Planned Parenthood is under attack by antiabortion activists over secretly recorded videos showing its executives candidly talking about supplying fetal tissue for medical research.

Planned Parenthood is under attack by antiabortion activists over secretly recorded videos showing its executives candidly talking about supplying fetal tissue for medical research.

This abortion-related controversy is providing grist for the many Republican presidential candidates hitting the trail. But it is also reviving public interest in fetal tissue research, which has yielded advances that have saved the lives of countless babies.

Consider rubella. During a U.S. epidemic in the mid-1960s, an estimated 31,000 pregnant women infected with the virus suffered stillbirths, gave birth to severely disabled infants, or decided to end their pregnancies.

One such aborted fetus was sent to Philadelphia's Wistar Institute, where vaccine pioneer Stanley Plotkin isolated the rubella virus from kidney tissue. He developed the vaccine that is still given today by growing the virus in an experimental cell line made from the lungs of an uninfected fetus aborted in Sweden.

"Human fetal cell strains, derived from voluntary abortions, have been extremely important for vaccine development, specifically for rabies, rubella, hepatitis A, and chicken pox," Plotkin, now 83, said this week. "It is important to understand that the cell [lines] are stored and no new abortions are done to produce those vaccines."

Certain vaccines are so important to public health that even Catholic authorities see a moral imperative. When there is no alternative to a vaccine developed from these fetal cell lines, the National Catholic Bioethics Center says on its website, "One is morally free to use the vaccine regardless of its historical association with abortion. The reason is that the risk to public health, if one chooses not to vaccinate, outweighs the legitimate concern about the origins of the vaccine. This is especially important for parents, who have a moral obligation to protect the life and health of their children and those around them."

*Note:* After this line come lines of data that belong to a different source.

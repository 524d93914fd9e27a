-- ===== src/Endpoints/Plain.antt =====
-- Calls that open a socket: they are for the tests.
use wire_command_c.Common.{ok, fail, enoent, value}
use wire_command_c.Endpoints.{Calls, converted}

abbrev pub endpoint_calls : Calls
endpoint_calls = record {
  inet_pton = converted;
  socket = value 3;
  setsockopt = ok;
  nonblocking = ok;
  unlink = fail enoent;
  bind = ok;
  listen = ok;
  connect = ok;
}
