-- ===== src/Client/Options/Checked.antt =====
-- What the options of src/main_client.c can be.
use wire_command_c.Common.{
  ℕ, ◌≤◌, ◌<◌, ◌≡◌, refl, false, none, some, List, [], ◌∷◌, arith, inl, inr, Bool-cases, ◌==◌, ◌&&◌,
  not, length, Outcome, value, error, Bytes, uint16_max, codes,
}
use wire_command_c.Arguments.{same_text, level_names}
use wire_command_c.Arguments.Checked.{find_name-bound}
use wire_command_c.Arguments.Decimal.{decimal, numeral-digit, strtoul-decimal}
use wire_command_c.Logging.{log_trace}
use wire_command_c.Client.Options.{
  parse_log_level, parse_port, Options, default_options, Turn, usage, no_option, option,
  port_option, level_option, option_turn, parse_options, OptionsResult,
}

-- A port that the client accepts is in its range.
parse_port-bounds :
    (text : Bytes) (port : ℕ) → parse_port text ≡ value port → (0 < port) × (port ≤ uint16_max)
unfolding parse_port
parse_port-bounds text port e = ground arith

decimal-length : (n : ℕ) → length (decimal n) == 0 ≡ false
decimal-length n = let (d, cs, e, small) = numeral-digit n n in rw e (ground arith)

-- The client accepts the decimal numeral of every port from 1 to 65535 as that port.
pub parse_port-decimal :
    (port : ℕ) → 0 < port → port ≤ uint16_max → parse_port (decimal port) ≡ value port
unfolding parse_port
parse_port-decimal port pos small =
    rw (strtoul-decimal port (omega arith), decimal-length port) (ground arith)

-- The port and the level are in their ranges, and not both transports have been asked for.
abbrev pub IsChecked : Options → Type 0
IsChecked o =
    (0 < o.tcp_port)
    × (o.tcp_port ≤ uint16_max)
    × (o.log_level ≤ log_trace)
    × (o.socket_option_seen && o.use_tcp ≡ false)

-- What a turn leaves of the options, if the loop goes on.
abbrev CheckedTurn : Turn → Type 0
CheckedTurn usage = Unit
CheckedTurn no_option = Unit
CheckedTurn (option o) = IsChecked o

port_option-CheckedTurn :
    (o : Options) (text : Bytes) (x : Outcome ℕ)
    → IsChecked o
    → o.socket_option_seen ≡ false
    → parse_port text ≡ x
    → CheckedTurn (port_option o x)
port_option-CheckedTurn o text (error e) h no_socket f = tt
port_option-CheckedTurn o text (value port) h no_socket f =
    let t = parse_port-bounds text port f in (t.0, t.1, h.2, rw no_socket refl)

level_option-CheckedTurn :
    (o : Options) (text : Bytes) (x : Outcome ℕ)
    → IsChecked o
    → parse_log_level text ≡ x
    → CheckedTurn (level_option o x)
unfolding parse_log_level
level_option-CheckedTurn o text (error e) h f = tt
level_option-CheckedTurn o text (value level) h f =
    (h.0, h.1, omega (arith, find_name-bound 0 level_names text level f), h.3)

option_turn-CheckedTurn :
    (o : Options) (name argument : Bytes) → IsChecked o → CheckedTurn (option_turn o name argument)
unfolding option_turn
option_turn-CheckedTurn o name argument h =
    elim (Bool-cases (same_text name (codes "--socket") && not o.use_tcp)) [
      | inl e ↦
          let no_tcp : o.use_tcp ≡ false = ground (arith, e) in rw (e, no_tcp) (h.0, h.1, h.2, refl)
      | inr e ↦ elim (Bool-cases (same_text name (codes "--host") && not o.socket_option_seen)) [
        | inl f ↦
            let no_socket : o.socket_option_seen ≡ false = ground (arith, f) in
            rw (e, f, no_socket) (h.0, h.1, h.2, refl)
        | inr f ↦ elim (Bool-cases (same_text name (codes "--port") && not o.socket_option_seen)) [
          | inl g ↦
              let no_socket : o.socket_option_seen ≡ false = ground (arith, g) in
              rw (e, f, g) (port_option-CheckedTurn o argument _ h no_socket refl)
          | inr g ↦ elim (Bool-cases (same_text name (codes "--log-level"))) [
            | inl k ↦ rw (e, f, g, k) (level_option-CheckedTurn o argument _ h refl)
            | inr k ↦ rw (e, f, g, k) tt
          ]
        ]
      ]
    ]

abbrev CheckedResult : OptionsResult → Type 0
CheckedResult none = Unit
CheckedResult (some (o, rest)) = IsChecked o

options-CheckedResult :
    (o : Options) (arguments : List Bytes) → IsChecked o → CheckedResult (parse_options o arguments)
unfolding parse_options
options-CheckedResult o [] h = h
options-CheckedResult o (name ∷ []) h = h
options-CheckedResult o (name ∷ argument ∷ rest) h =
    at_turn (option_turn o name argument) (option_turn-CheckedTurn o name argument h)
      (λ o'. options-CheckedResult o' rest)
  where
    at_turn :
        (x : Turn)
        → CheckedTurn x
        → ((o' : Options) → IsChecked o' → CheckedResult (parse_options o' rest))
        → CheckedResult (elim x as (λ y. OptionsResult) [
          | usage ↦ none
          | no_option ↦ some (o, name ∷ argument ∷ rest)
          | option o' ↦ parse_options o' rest
        ])
    at_turn usage c more = tt
    at_turn no_option c more = h
    at_turn (option o') c more = more o' c

-- Whatever arguments the client is given, the options that it goes on with have a port from 1 to 65535
-- and one of the five levels, and ask for at most one of the two transports.
pub parse_options-IsChecked :
    (arguments rest : List Bytes) (o : Options)
    → parse_options default_options arguments ≡ some (o, rest)
    → IsChecked o
parse_options-IsChecked arguments rest o e =
    rw e at (
      options-CheckedResult default_options arguments (omega arith, omega arith, omega arith, refl))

The undercover videos, made by an antiabortion group and released in recent weeks, stirred a furor on Capitol Hill, where lawmakers opposed to abortion tried to strip Planned Parenthood's federal funding for cancer screenings, birth control, and other health services. Federal funding of abortions is prohibited with rare exceptions.

Among the questions the videos have raised is whether Planned Parenthood profits from the sale of fetal tissue - something the organization denies. Planned Parenthood officials say it charges only to cover handling and other costs, which is legal under a 1993 law.

In recent years, fetal tissue research has been overshadowed by newer technologies, particularly those that use embryonic and adult stem cells, experts say.

From 2011 through 2014, the National Institutes of Health awarded 97 institutions about $280 million for fetal tissue studies, a tiny fraction of its $30.3 billion annual budget for medical research.

Six major institutions contacted by The Inquirer - including the University of Pennsylvania, the University of Pittsburgh, Rutgers University, and Wistar - could not find researchers willing to talk about the highly charged subject.

A Wistar spokeswoman said, "Fetal tissue research is not pertinent to or a focus of Wistar's current and long-term scientific activities."

Still, fetal cells have been key to historic breakthroughs, notably the polio vaccine. They remain crucial to some biomedical fields.

"Due to their capacity to rapidly divide, grow, and adapt to new environments, fetal cells hold unique promise" for those fields, according to the American Society for Cell Biology.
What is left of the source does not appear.